[Appeared in Distinktion: Journal of Social Theory, Vol. 9, No. 2, pp. 9-25 (pdf – paywall/subscription)]
[Abstract:] While liberal capitalism presents itself as anti-utopia embodied, and today’s neoliberalism as the sign of the new era of humanity, which left behind the utopian projects responsible for the totalitarian horrors of the 20th century, it is now becoming clear that there is a utopian core in the liberal project itself- the violence that accompanies the victories of liberal capitalism is the price we are paying for this utopia. In describing this utopian core, the text proceeds in three steps. First, it focuses on today’s China, an exemplary case of the socially disruptive effects of global capitalism; then, it articulates the basic structure of the liberal utopia; finally, it outlines the dimension missing in this utopia.
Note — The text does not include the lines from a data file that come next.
-- ===== src/Recovery/Shared.antt =====
-- What `mint_anchor`, `reset_identity_state` and `rebaseline_anchor` share: the request counter
-- among the remaining accounts, and what they read of the registry's configuration.
pub mod Laws
use protocol_core.Base.{
  ℕ, suc, ◌+◌, Bool, true, false, Option, none, some, List, [], ◌∷◌, length, leb, if◌then◌else◌,
  Result, ok, err, EntrosAnchorError, require, ◌>>=◌, ◌>>◌, panic,
}
use protocol_core.Base.Words.{Bytes, from_le_bytes}
use protocol_core.Base.Bytes.{bytes_eq, slice, zeros}
use protocol_core.Chain.{Pubkey}
use protocol_core.Receipt.Policy.{
  ValidatorKeyPolicy, ProjectionPolicy, read_projection_policy, read_validator_key_policy,
}
use protocol_core.Counter
use protocol_core.Counter.{Holding, Program}
use protocol_core.Update.State.{Environment, Anchor, Account}
use protocol_core.Update.Proofs.{anchor_error}

-- An account that the context does not name.
pub record Remaining : Type 0 where
  pub account : Account
  pub is_writable : Bool

abbrev pub program_of : Environment → Program
program_of env = record {
  chain = env.chain;
  id = env.id;
  system_program = env.system_program;
  state_key = env.request_state_key;
  state_bump = env.request_state_bump;
  mint_key = env.mint_key;
  identity_bump = env.identity_bump;
  hash = env.hash;
}

abbrev pub holding : Account → Anchor → Holding
holding a w = record { key = a.key; owner = a.owner; data_bytes = a.data_bytes; ledger = w.ledger }

-- `proof_request::advance` of the remaining account, which the signer pays for.
unfoldable pub advance_counter : Environment → Pubkey → Pubkey → Remaining → Anchor → Result Anchor
advance_counter env wallet payer r w = do
  h ← Counter.advance (program_of env) r.is_writable true wallet payer (holding r.account w)
  let state : Account = record { key = h.key; owner = h.owner; data_bytes = h.data_bytes }
  ok (record w { request_state = state; ledger = h.ledger })

-- The request counter is the only remaining account, in a build with the feature.
unfoldable pub take_counter : Environment → Pubkey → List Remaining → Anchor → Result Anchor
take_counter env wallet [] w =
    if env.request_bound_v1
    then err (anchor_error EntrosAnchorError.invalid_request_context)
    else ok w
take_counter env wallet (r ∷ []) w =
    if env.request_bound_v1 then advance_counter env wallet wallet r w else ok w
take_counter env wallet (r ∷ s ∷ rs) w =
    if env.request_bound_v1
    then err (anchor_error EntrosAnchorError.invalid_request_context)
    else ok w

pub record Fees : Type 0 where
  pub verification_fee : ℕ
  pub projection_policy : ProjectionPolicy
  pub validator_keys : ValidatorKeyPolicy

-- A configuration that is too short for the fee charges none.
unfoldable pub read_fees : Environment → Account → Result Fees
read_fees env config = do
  require (bytes_eq config.owner env.registry_id)
      (anchor_error EntrosAnchorError.invalid_protocol_config)
  policy ← read_projection_policy config.data_bytes
  fee ←
      if leb 69 (length config.data_bytes)
      then (slice config.data_bytes 61 8 >>= λ bs. ok (from_le_bytes bs))
      else ok 0
  validator_keys ← read_validator_key_policy config.data_bytes
  let fees : Fees = record {
    verification_fee = fee;
    projection_policy = policy;
    validator_keys = validator_keys;
  }
  ok fees

unfoldable pub require_nonzero : Bytes → Result (Unit {0})
require_nonzero commitment =
    require (if bytes_eq commitment (zeros 32) then false else true)
      (anchor_error EntrosAnchorError.invalid_commitment)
[Introduction:] There is something surprising in the predominantly hostile reactions to Naomi Klein’s new book: they are much more violent than one would expect – even the benevolent Left liberals who sympathize with.some of her analyses deplore how ‘her ranting obscures her reasoning’ (as Will Hutton put it in his review of the book in The Observer). Obviously, Klein touched some very sensitive nerve with her key thesis:
The history of the contemporary free market was written in shocks. Some of the most infamous human rights violations of the past thirty-five years, which have tended to be viewed as sadistic acts carried out by anti-democratic regimes, were in fact either committed with the deliberate intent of terrorizing the public or actively harnessed to prepare the ground for the introduction of radical free-market reforms. (Klein, 2007: 3)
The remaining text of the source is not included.